Petrol and Milk and Biscuits pricing rip off

Blast from the past series – Originally posted 3-September-2007. That was over 10 years ago and it still applies in 2021 and I have updated the post to reflect this. The original post is at the end!

First let me say that every company is entitled to make a profit. Profits help companies grow and develop better products. In turn employs more people and feeds the economy. However when they make profits because they’ve got no competition and don’t do those key then I don’t think that’s very fair. I especially think this applies to supermarkets and their petrol partners.

Government’s especially the current one don’t live in the real world (In 2007 it was the Howard Liberal National parties). They don’t see the obvious things like biscuit prices increasing by $1.00 over the course of a year. The biscuit company didn’t make a massive profit, instead the supermarket chain makes a huge profit.

The $1 milk war of the day was another example of supermarkets ripping customers and the framers off. The milk was cheap because it was and is lower quality product and they hope consumers don’t notice. They didn’t say that in the beginning so marketing spin could say that the farmers were ripping you off but clearly that tactic failed. They tried to claim the high ground that it allows the poor to survive but that’s that marketing spin purely because it is -I repeat a lower quality product. That’s why people are turning off milk altogether.

Speaking of which their failed attempt to bury the milk farmers and their groups, Coles in particular blame the processors, which are milk brands themselves which are usually owned by the farmers. After further research, Coles in particular don’t actually pay all that much to the processors or milk brands and instead they pay them to stock their brands on the shelves. As a result Coles is the still the rip off merchant with no cost outlay but marketing and all the profits. It is a cut throat way of burying famers, industry and customer alike with little ethical or forward planning.

Rip off? More so when they enter the fuel market they and promote their brand by shopper dockets or coupons a trend starts to form don’t you? Sell cheap low end food then supposedly cheap lower end petrol. Shell understands but clearly their management is ignorant that people start to notice. It is not an ethical way of doing business as there is no benefit to anyone with just accounting profits not new jobs or services just marketing spin.

There is better way, the way it was before – with decent profits, jobs and competition for everyone not just the big brands. It may seem inefficient in terms of accounting or big business but there was mix of different owners whose success was based on better fuel, service and price. Proven by the fact that petrol prices aren’t being reduced by larger volumes.

I have to qualify the statement by adding that I don’t mean franchised fuel stations – as Franchise owners in Australia have a poor record of treating Franchisees poorly. Search the stories specifically on the Gloria Jeans Franchise aka RFG, Carltex disputes as a starter.

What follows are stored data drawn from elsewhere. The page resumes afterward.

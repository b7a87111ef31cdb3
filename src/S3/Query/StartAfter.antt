-- ===== src/S3/Query/StartAfter.antt =====
-- `StartAfter` is the one free text of a `ListObjectsV2` query that is sent as it is.
use s3cpp.Prelude.{
  ℕ, ◌≡◌, refl, true, false, none, some, [], ◌∷◌, ◌++◌, append_assoc, arith, is_empty, all, Text,
  codes,
}
use s3cpp.Iam.BoostUrl.{BoostUrl}
use s3cpp.Std.Decimal.{to_decimal}
use s3cpp.S3.Query.{add_param, add_some, add_if, list_objects_v2_prepare_query}
use s3cpp.S3.Query.Reader.{read_query}
use s3cpp.S3.Query.Shows.{Shows, Shows-first, Shows-add_param, is_name_byte}
use s3cpp.S3.Query.Steps.{IsPlain, Writes-literal, Writes-decimal}
use s3cpp.S3.Parameters.{ListObjectsV2Parameters}

-- A call that sets the start alone.
abbrev pub starting : Text → ℕ → Text → ListObjectsV2Parameters
starting bucket max_keys start = record {
  bucket = bucket;
  continuation_token = none;
  delimiter = none;
  encoding_type = none;
  fetch_owner = false;
  max_keys = max_keys;
  prefix = none;
  start_after = some start;
}

add_param-split :
    (query x y : Text)
    → is_empty query ≡ false
    → add_param query (x ++ b'&' ∷ y) ≡ add_param (add_param query x) y
unfolding add_param
add_param-split [] x y h = cc
add_param-split (c ∷ query) x y h = simp append_assoc

module _ (u : BoostUrl) where
  Shows-injected :
      (bucket : Text) (max_keys : ℕ) (x name value : Text)
      → IsPlain x
      → all is_name_byte name ≡ true
      → IsPlain value
      → Shows
          (list_objects_v2_prepare_query u
            (starting bucket max_keys (x ++ b'&' ∷ (name ++ b'=' ∷ []) ++ value)))
          ((codes "list-type", codes "2")
            ∷ (codes "max-keys", to_decimal max_keys)
            ∷ (codes "start-after", x)
            ∷ (name, value)
            ∷ [])
  unfolding list_objects_v2_prepare_query add_some add_if
  Shows-injected bucket max_keys x name value hx n hv =
      rw
        (
          append_assoc x (b'&' ∷ name ++ b'=' ∷ []) value,
          add_param-split two (codes "start-after=" ++ x) ((name ++ b'=' ∷ []) ++ value)
              two_shows.started,
        )
        (Shows-add_param _ _ name value
          (Shows-add_param two _ (codes "start-after") x two_shows
            (Writes-literal (codes "start-after") x refl hx))
          (Writes-literal name value n hv))
    where
      two : Text
      two =
          add_param (add_param [] (codes "list-type=2")) (codes "max-keys=" ++ to_decimal max_keys)

      two_shows :
          Shows two ((codes "list-type", codes "2") ∷ (codes "max-keys", to_decimal max_keys) ∷ [])
      two_shows =
          Shows-add_param _ (codes "max-keys=" ++ to_decimal max_keys) (codes "max-keys")
            (to_decimal max_keys)
            (Shows-first (codes "list-type=2") (codes "list-type") (codes "2") refl
              (Writes-literal (codes "list-type") (codes "2") refl (omega arith)))
            (Writes-decimal (codes "max-keys") max_keys refl)

  -- A start of the form "x&name=value", whose x and value hold no '&' and no '%' and whose name is
  -- made of name bytes, is read as the start x and one more parameter of that name and value.
  pub start_after-injects :
      (bucket : Text) (max_keys : ℕ) (x name value : Text)
      → IsPlain x
      → all is_name_byte name ≡ true
      → IsPlain value
      → read_query (
          list_objects_v2_prepare_query u
            (starting bucket max_keys (x ++ b'&' ∷ (name ++ b'=' ∷ []) ++ value)))
        ≡ some (
            (codes "list-type", codes "2")
            ∷ (codes "max-keys", to_decimal max_keys)
            ∷ (codes "start-after", x)
            ∷ (name, value)
            ∷ [])
  start_after-injects bucket max_keys x name value hx n hv =
      (Shows-injected bucket max_keys x name value hx n hv).read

Back to the biscuit story: Supermarkets brands say NO we aren’t ripping you off. Price rise is fair they say. Yet we see no end to the substitution of well known brands with ‘supermarket owned brands’ made in cheapest country and ingredients possible. They tell the original manufacturers that unless they pay them to stock their products they will use their own brands in prime shelf locations. For example – how can importing dough for bread be cheaper than buying it locally since all the key ingredients are grown here?

The conclusion is that the supermarkets are quite short sighted and will paint themselves into a corner of selling only low end groceries and where the real profits and premium brand image of higher quality products migrate to – say the internet. Is Government intervention required to correct this greed?

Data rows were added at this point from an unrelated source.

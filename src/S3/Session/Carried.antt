-- ===== src/S3/Session/Carried.antt =====
-- The fields that a request carries behind `prepare_request`, and what setting a field leaves of them.
use s3cpp.Prelude.{
  Bool, ◌||◌, ◌⊎◌, false, text_eq_refl, false, text_eq, subst, if◌then◌else◌, ap, true, sym, ◌≡◌,
  refl, ◌∙◌, ◌≢◌, inl, inr, some, Bool-cases, length, is_empty, Text, codes,
}
use s3cpp.Iam.Http.{Http, IsHttp}
use s3cpp.Iam.Botan.{Botan}
use s3cpp.Iam.Canonicalize.{payload_hash}
use s3cpp.S3.Session.{with_digest}
use s3cpp.Std.Decimal.{to_decimal}

-- Texts that the test tells apart are different.
pub apart : (a b : Text) → text_eq a b ≡ false → a ≢ b
apart a b n e =
    let y = subst (λ t. text_eq a t ≡ true) e (text_eq_refl a) in let z = sym y ∙ n in cc

pub digest_encoding : codes "x-amz-content-sha256" ≢ codes "accept-encoding"
digest_encoding = apart _ _ refl

pub digest_length : codes "x-amz-content-sha256" ≢ codes "content-length"
digest_length = apart _ _ refl

pub digest_transfer : codes "x-amz-content-sha256" ≢ codes "transfer-encoding"
digest_transfer = apart _ _ refl

pub length_encoding : codes "content-length" ≢ codes "accept-encoding"
length_encoding = apart _ _ refl

pub authorization_apart :
    (codes "authorization" ≢ codes "host")
    × (codes "authorization" ≢ codes "content-length")
    × (codes "authorization" ≢ codes "x-amz-date")
    × (codes "authorization" ≢ codes "accept-encoding")
authorization_apart = (apart _ _ refl, apart _ _ refl, apart _ _ refl, apart _ _ refl)

pub digest_authorization : codes "x-amz-content-sha256" ≢ codes "authorization"
digest_authorization = apart _ _ refl

-- The names, in lower case, of the fields that `prepare_request` may change.
abbrev pub is_reserved : Text → Bool
is_reserved name =
    text_eq name (codes "host")
    || text_eq name (codes "x-amz-content-sha256")
    || text_eq name (codes "content-length")
    || text_eq name (codes "transfer-encoding")
    || text_eq name (codes "x-amz-date")
    || text_eq name (codes "accept-encoding")
    || text_eq name (codes "authorization")

pub unreserved : {a b : Text} → is_reserved a ≡ false → is_reserved b ≡ true → a ≢ b
unreserved n y e = let z = sym y ∙ (sym (ap is_reserved e) ∙ n) in cc

module _ (h : Http) (b : Botan) (laws : IsHttp h) where
  open h use {Fields, find_host, get, set, content_length, to_lower}

  -- The digest that a request carries: the caller's, or that of its body.
  abbrev pub digest_of : Text → Fields → Text
  digest_of body fields =
      if is_empty (get fields (codes "x-amz-content-sha256"))
      then b.hex_encode (b.sha256 body)
      else get fields (codes "x-amz-content-sha256")

  -- The fields of a request: the host and what `prepare_request` puts beside it, and under each
  -- name that is not reserved what the caller gave.
  pub record Carries (host timestamp body : Text) (fields : Fields) (f : Fields) : Type 0 where
    pub has_host : find_host f ≡ some host
    pub has_digest : get f (codes "x-amz-content-sha256") ≡ digest_of body fields
    pub has_length : get f (codes "Content-Length") ≡ to_decimal (length body)
    pub has_date : get f (codes "x-amz-date") ≡ timestamp
    pub has_encoding : get f (codes "Accept-Encoding") ≡ codes "identity"
    pub has_others :
        (other : Text) → (is_reserved (to_lower other) ≡ true) ⊎ (get f other ≡ get fields other)

  -- Setting a field leaves one with another name as it is.
  pub get-other :
      (f : Fields) (name other v : Text) {low : Text}
      → to_lower name ≡ low
      → to_lower other ≢ low
      → get (set f name v) other ≡ get f other
  get-other f name other v e ne = laws.get-set_ne f name other v (λ s. ne (sym s ∙ e))

  pub differ :
      (name : Text) {low : Text} → to_lower name ≡ low → (t : Text) → low ≢ t → to_lower name ≢ t
  differ name e t ne s = ne (sym e ∙ s)

  pub with_digest-other :
      (body : Text) (f : Fields) (other : Text)
      → to_lower other ≢ codes "x-amz-content-sha256"
      → get (with_digest h b body f) other ≡ get f other
  unfolding with_digest
  with_digest-other body f other ne =
      elim (Bool-cases (is_empty (get f (codes "x-amz-content-sha256")))) [
        | inl y ↦ rw y (get-other f (codes "x-amz-content-sha256") other _ laws.to_lower-digest ne)
        | inr n ↦ rw n refl
      ]

  pub with_digest-digest :
      (body : Text) (f fields : Fields)
      → get f (codes "x-amz-content-sha256") ≡ get fields (codes "x-amz-content-sha256")
      → get (with_digest h b body f) (codes "x-amz-content-sha256") ≡ digest_of body fields
  unfolding with_digest
  with_digest-digest body f fields same =
      elim (Bool-cases (is_empty (get fields (codes "x-amz-content-sha256")))) [
        | inl y ↦ rw (ap is_empty same ∙ y, y) (laws.get-set f (codes "x-amz-content-sha256") _)
        | inr n ↦ rw (ap is_empty same ∙ n, n) same
      ]

  pub with_digest-host :
      (body : Text) (f : Fields) → find_host (with_digest h b body f) ≡ find_host f
  unfolding with_digest
  with_digest-host body f = elim (Bool-cases (is_empty (get f (codes "x-amz-content-sha256")))) [
    | inl y ↦ rw y (
        laws.find_host-set_ne f (codes "x-amz-content-sha256") _
          (differ _ laws.to_lower-digest _ (apart _ _ refl)))
    | inr n ↦ rw n refl
  ]

  module _ (host timestamp body : Text) (fields : Fields) where
    -- A field with another name than those that are carried can be set.
    pub Carries-set :
        (f : Fields) (name v : Text) {low : Text}
        → to_lower name ≡ low
        → (low ≢ codes "host")
          × (low ≢ codes "content-length")
          × (low ≢ codes "x-amz-date")
          × (low ≢ codes "accept-encoding")
        → is_reserved low ≡ true
        → get (set f name v) (codes "x-amz-content-sha256") ≡ digest_of body fields
        → Carries host timestamp body fields f
        → Carries host timestamp body fields (set f name v)
    Carries-set f name v e (host_ne, length_ne, date_ne, encoding_ne) r digest c = record {
      has_host = laws.find_host-set_ne f name v (differ name e _ host_ne) ∙ c.has_host;
      has_digest = digest;
      has_length =
          get-other f name (codes "Content-Length") v e
            (differ _ laws.to_lower-length _ (λ s. length_ne (sym s)))
          ∙ c.has_length;
      has_date =
          get-other f name (codes "x-amz-date") v e
            (differ _ laws.to_lower-date _ (λ s. date_ne (sym s)))
          ∙ c.has_date;
      has_encoding =
          get-other f name (codes "Accept-Encoding") v e
            (differ _ laws.to_lower-encoding _ (λ s. encoding_ne (sym s)))
          ∙ c.has_encoding;
      has_others = λ other. elim (Bool-cases (is_reserved (to_lower other))) [
        | inl y ↦ inl y
        | inr n ↦ elim (c.has_others other) [
          | inl y ↦ inl y
          | inr same ↦ inr (get-other f name other v e (unreserved n r) ∙ same)
        ]
      ];
    }

    -- A digest that is put in again is the same.
    digest_again :
        (f : Fields)
        → is_empty (get f (codes "x-amz-content-sha256")) ≡ true
        → get f (codes "x-amz-content-sha256") ≡ digest_of body fields
        → b.hex_encode (b.sha256 body) ≡ digest_of body fields
    digest_again f y e = elim (Bool-cases (is_empty (get fields (codes "x-amz-content-sha256")))) [
      | inl z ↦ rw z refl
      | inr n ↦ let x = rw n at e in let z = sym y ∙ (ap is_empty x ∙ n) in cc
    ]

    pub payload_hash-Carries :
        (f : Fields)
        → Carries host timestamp body fields f
        → Carries host timestamp body fields (payload_hash h b body f).1
    unfolding payload_hash
    payload_hash-Carries f c = elim (Bool-cases (is_empty (get f (codes "x-amz-content-sha256")))) [
      | inl y ↦ rw y (
          Carries-set f (codes "x-amz-content-sha256") _ laws.to_lower-digest
            ((apart _ _ refl), (apart _ _ refl), (apart _ _ refl), (apart _ _ refl)) refl
            (laws.get-set f (codes "x-amz-content-sha256") _ ∙ digest_again f y c.has_digest) c)
      | inr n ↦ rw n c
    ]

  pub digest_ne :
      {t : Text} → codes "x-amz-content-sha256" ≢ t → to_lower (codes "x-amz-content-sha256") ≢ t
  digest_ne ne s = ne (sym laws.to_lower-digest ∙ s)
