-- ===== src/S3/Session/Prepared.antt =====
-- What is signed of a request that is prepared, and what is sent.
use s3cpp.Prelude.{subst, sym, ◌≡◌, refl, ◌∙◌, inl, inr, some, Bool-cases, length, Text, codes, ok}
use s3cpp.Iam.Http.{Http, IsHttp, Target}
use s3cpp.Iam.Botan.{Botan}
use s3cpp.Iam.Canonicalize.{canonicalize_request}
use s3cpp.Iam.Canonicalize.Host.{canonicalize_request-find_host}
use s3cpp.S3.Session.{Session, signing_scope, with_digest, prepare_request}
use s3cpp.Iam.Signature.{sign_request}
use s3cpp.S3.Session.Carried.{
  apart, digest_encoding, digest_length, digest_transfer, length_encoding, authorization_apart,
  digest_authorization, unreserved, get-other, differ, with_digest-other, with_digest-digest,
  with_digest-host, Carries-set, payload_hash-Carries, digest_ne, Carries, is_reserved,
}

module _ (h : Http) (b : Botan) (laws : IsHttp h) where
  open h use {Fields, find_host, get, set, content_length, to_lower}

  -- The fields that are signed.
  unsigned : Session → Text → Text → Fields → Fields
  unsigned session timestamp body fields =
      let hosted = set fields (codes "Host") session.encoded_host_and_port in
      let sized = content_length (with_digest h b body hosted) (length body) in
      set (set sized (codes "x-amz-date") timestamp) (codes "Accept-Encoding") (codes "identity")

  unsigned-Carries :
      (session : Session) (timestamp body : Text) (fields : Fields)
      → Carries h b laws session.encoded_host_and_port timestamp body fields
          (unsigned session timestamp body fields)
  unfolding unsigned
  unsigned-Carries session timestamp body fields =
      let hosted = set fields (codes "Host") session.encoded_host_and_port in
      let digested = with_digest h b body hosted in
      let sized = content_length digested (length body) in
      let dated = set sized (codes "x-amz-date") timestamp in
      let digest = laws.to_lower-digest in
      let date = laws.to_lower-date in
      let encoding = laws.to_lower-encoding in
      let size = laws.to_lower-length in
      let same =
        get-other h b laws fields (codes "Host") (codes "x-amz-content-sha256")
          session.encoded_host_and_port laws.to_lower-host
          (differ h b laws _ digest _ (apart _ _ refl)) in
      record {
        has_host =
            laws.find_host-set_ne dated (codes "Accept-Encoding") _
              (differ h b laws _ encoding _ (apart _ _ refl))
            ∙ laws.find_host-set_ne sized (codes "x-amz-date") _
                (differ h b laws _ date _ (apart _ _ refl))
            ∙ laws.find_host-content_length digested (length body)
            ∙ with_digest-host h b laws body hosted
            ∙ laws.find_host-set fields session.encoded_host_and_port;
        has_digest =
            get-other h b laws dated (codes "Accept-Encoding") _ _ encoding
              (digest_ne h b laws digest_encoding)
            ∙ get-other h b laws sized (codes "x-amz-date") _ _ date
                (differ h b laws _ digest _ (apart _ _ refl))
            ∙ laws.get-content_length_ne digested _ _ (digest_ne h b laws digest_length)
                (digest_ne h b laws digest_transfer)
            ∙ with_digest-digest h b laws body hosted fields same;
        has_length =
            get-other h b laws dated (codes "Accept-Encoding") _ _ encoding
              (differ h b laws _ size _ length_encoding)
            ∙ get-other h b laws sized (codes "x-amz-date") _ _ date
                (differ h b laws _ size _ (apart _ _ refl))
            ∙ laws.get-content_length digested (length body);
        has_date =
            get-other h b laws dated (codes "Accept-Encoding") _ _ encoding
              (differ h b laws _ date _ (apart _ _ refl))
            ∙ laws.get-set sized (codes "x-amz-date") timestamp;
        has_encoding = laws.get-set dated (codes "Accept-Encoding") (codes "identity");
        has_others = λ other. elim (Bool-cases (is_reserved (to_lower other))) [
          | inl y ↦ inl y
          | inr n ↦ inr (
              get-other h b laws dated (codes "Accept-Encoding") other _ encoding
                (unreserved n refl)
              ∙ get-other h b laws sized (codes "x-amz-date") other _ date (unreserved n refl)
              ∙ laws.get-content_length_ne digested _ other (unreserved n refl) (unreserved n refl)
              ∙ with_digest-other h b laws body hosted other (unreserved n refl)
              ∙ get-other h b laws fields (codes "Host") other _ laws.to_lower-host
                  (unreserved n refl))
        ];
      }

  -- If the target parses, a request is prepared, whatever fields its caller gave, and it carries the
  -- signature of the canonical form of fields that already have the session's host, the digest that
  -- the caller gave or else that of the body, the length of the body, the time of the signature and
  -- the encoding "identity", and under every name that `prepare_request` does not change what the
  -- caller gave; and the fields that are sent have all of these too.
  pub prepare_request-signs :
      (session : Session) (timestamp method target body : Text) (fields : Fields) (parts : Target)
      → h.parse_origin_form target ≡ some parts
      → (out before : Fields) × (canonical : (Text × Text) × Fields) × (prepare_request h b session
            timestamp method target body fields
          ≡ ok out)
        × (canonicalize_request h b method target body before ≡ ok canonical)
        × (get out (codes "Authorization")
            ≡ sign_request b session.access_key session.secret_access_key canonical.0.0
                canonical.0.1 timestamp
                (signing_scope session timestamp))
        × Carries h b laws session.encoded_host_and_port timestamp body fields before
        × Carries h b laws session.encoded_host_and_port timestamp body fields out
  unfolding prepare_request unsigned
  prepare_request-signs session timestamp method target body fields parts p =
      let before = unsigned session timestamp body fields in
      let host = session.encoded_host_and_port in
      let c = unsigned-Carries session timestamp body fields in
      let (canonical, e, hashed) =
        canonicalize_request-find_host h b method target body host before parts p c.has_host in
      let behind =
        subst (Carries h b laws host timestamp body fields) (sym hashed)
          (payload_hash-Carries h b laws host timestamp body fields before c) in
      (
        _,
        before,
        canonical,
        rw (prepare_request, e) refl,
        e,
        laws.get-set canonical.1 (codes "Authorization") _,
        c,
        Carries-set h b laws host timestamp body fields canonical.1 (codes "Authorization") _
            laws.to_lower-authorization authorization_apart refl
            (get-other h b laws canonical.1 (codes "Authorization") (codes "x-amz-content-sha256") _
                laws.to_lower-authorization (digest_ne h b laws digest_authorization)
              ∙ behind.has_digest)
            behind,
      )
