-- ===== src/Std.antt =====
-- What the program uses of the C++ standard library.
pub mod Decimal
pub mod SizeT
pub mod Map
pub mod Calls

ORIGINAL POST : 3 September 2007

First let me say that every company is entitled to make a decent profit. However when they make profits because they’ve got no competition then I don’t think that’s very fair. I especially think this applies to petrol companies and their supermarket partners.

Government’s especially the current one don’t live in the real world. They don’t see the obvious like biscuit prices increasing by $1.00 over the course of a year. The biscuit company didn’t make a massive profit, instead the supermarket chain makes a huge profit. More so when they enter the fuel market they and promote their brand by shopper dockets or coupons then I start to see a trend don’t you?

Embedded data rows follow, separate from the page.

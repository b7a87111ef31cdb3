-- ===== src/Tests.antt =====
-- Small stand-ins for the libraries that the program calls, and the theorems at concrete inputs.
pub mod Fixtures
pub mod Markup
pub mod Signing
pub mod Requests
pub mod Answers
pub mod Listing
pub mod Pages
pub mod Lives
pub mod Shutdowns
pub mod Crews
pub mod Sessions
pub mod Runs
pub mod Wires
pub mod Commands
pub mod Caches
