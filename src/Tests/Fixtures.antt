-- ===== src/Tests/Fixtures.antt =====
-- Stand-ins for Boost.URL, Botan and Boost.Beast that behave as documented.
use s3cpp.Std.Decimal.{to_decimal}
use s3cpp.Prelude.{
  sym, ℕ, suc, ◌+◌, ◌/◌, ◌%◌, ◌≡◌, refl, ◌≢◌, inl, inr, false, ◌&&◌, Option, none, some, List, [],
  ◌∷◌, ◌++◌, map, arith, ltb, if◌then◌else◌, Bool-cases, value_or, length, Text, codes, text_eq,
  text_eq_refl, text_eq_sound, contains, Lacks,
}
use s3cpp.Iam.BoostUrl.{BoostUrl, IsBoostUrl, hex_digit}
use s3cpp.Iam.Botan.{Botan, IsBotan, IsHex}
use s3cpp.Iam.Http.{Http, IsHttp}

encode : Text → Text → Text
encode [] cs = []
encode (c ∷ s) cs =
    let rest = encode s cs in
    if contains cs c then c ∷ rest else b'%' ∷ hex_digit (c / 16) ∷ hex_digit (c % 16) ∷ rest

find_if : Text → Text → ℕ
find_if [] cs = 0
find_if (c ∷ s) cs = let rest = find_if s cs in if contains cs c then 0 else suc rest

unfoldable pub boost : BoostUrl
unfolding encode find_if
boost = record { encode = encode; find_if = find_if }

pub boost-IsBoostUrl : IsBoostUrl boost
unfolding boost encode find_if
boost-IsBoostUrl = record {
  encode-nil = λ cs. refl;
  encode-member = λ c s cs h. rw h;
  encode-other = λ c s cs lt h. rw h;
  find_if-nil = λ cs. refl;
  find_if-member = λ c s cs h. rw h;
  find_if-other = λ c s cs h. rw h;
}

-- A digest for the tests: the text itself, two digits a byte.
hex_text : Text → Text
hex_text [] = []
hex_text (c ∷ s) = ((c / 16) + b'0') ∷ ((c % 16) + b'0') ∷ hex_text s

hex_text-one_line : (t : Text) → Lacks b'\n' (hex_text t)
unfolding hex_text
hex_text-one_line [] = tt
hex_text-one_line (c ∷ s) = (omega arith, (omega arith, hex_text-one_line s))

-- And a code: the key, the length of the message and the message.
abbrev pub mac_of : Text → Text → Text
mac_of key msg = key ++ length msg ∷ msg

unfoldable pub botan : Botan
unfolding hex_text
botan = record {
  sha256 = λ t. t;
  hex_encode = hex_text;
  Mac = Text × Text;
  create = ([], []);
  set_key = λ m key. (key, m.1);
  update = λ m t. (m.0, m.1 ++ t);
  final = λ m. (mac_of m.0 m.1, (m.0, []));
  clear = λ m. ([], []);
}

pub botan-IsBotan : IsBotan botan mac_of
unfolding botan
botan-IsBotan = record { final-create = λ key msg. refl; final-clear = λ m key msg. refl }

pub botan-IsHex : IsHex botan
unfolding botan
botan-IsHex = record { one_line = hex_text-one_line }

-- Header fields as a list; the first of a name counts.
lower : ℕ → ℕ
lower c = if ltb 64 c && ltb c 91 then c + 32 else c

lookup : Text → List (Text × Text) → Option Text
unfolding lower
lookup name [] = none
lookup name ((other, v) ∷ f) =
    let rest = lookup name f in if text_eq (map lower other) (map lower name) then some v else rest

unfoldable pub http : Http
unfolding lookup lower
http = record {
  Fields = List (Text × Text);
  entries = λ f. f;
  find_host = λ f. lookup (codes "host") f;
  get = λ f name. value_or (lookup name f) [];
  set = λ f name v. (name, v) ∷ f;
  content_length = λ f n. (codes "Content-Length", to_decimal n) ∷ f;
  to_lower = map lower;
  parse_origin_form = λ t. some (record { encoded_path = t; encoded_params = [] });
}

text_eq-ne : (s t : Text) → s ≢ t → text_eq s t ≡ false
text_eq-ne s t ne = elim (Bool-cases (text_eq s t)) [
  | inl y ↦ absurd (ne (text_eq_sound s t y))
  | inr n ↦ n
]

pub http-IsHttp : IsHttp http
unfolding http lookup lower
http-IsHttp = record {
  get-set = λ f name v. rw (text_eq_refl (map lower name));
  get-set_ne = λ f name other v ne. rw (text_eq-ne (map lower name) (map lower other) ne);
  find_host-set = λ f v. refl;
  find_host-set_ne = λ f name v ne. rw (text_eq-ne (map lower name) (codes "host") ne);
  get-content_length = λ f n. refl;
  get-content_length_ne = λ f n other ne _.
      rw (text_eq-ne (codes "content-length") (map lower other) (λ e. ne (sym e)));
  find_host-content_length = λ f n. refl;
  to_lower-length = refl;
  to_lower-encoding = refl;
  to_lower-date = refl;
  to_lower-digest = refl;
  to_lower-authorization = refl;
  to_lower-host = refl;
}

Supermarkets say NO we aren’t ripping you off – see our accounts! Done by a reputable accounting firm. Sorry guys – every decent accountant knows what goes into the figures – I’m not going to reveal the secrets yet. You see official government inquiries don’t examine the making of the books just the results they don’t do the practical thing. So nothing will result unless the right thing is done and ignore the figures.

Then they get experts to justify whatever they want – pity the experts are all theory and only good in one particular area and miss the whole point.

Like the post on Telstra with their dubious reception figures – Telstra says look at our recorded measurements we cover soooo much of the country we can stop the old network. Then a group does the right thing and tries to make a phone call and guess what it doesn’t work. Then the Telstra PR kicks in saying the group that did the test was totally STUPID and they don’t know what they are talking about. The group are customers – opps! Telstra then blames the phone manufacturer still denying there’s a coverage problem.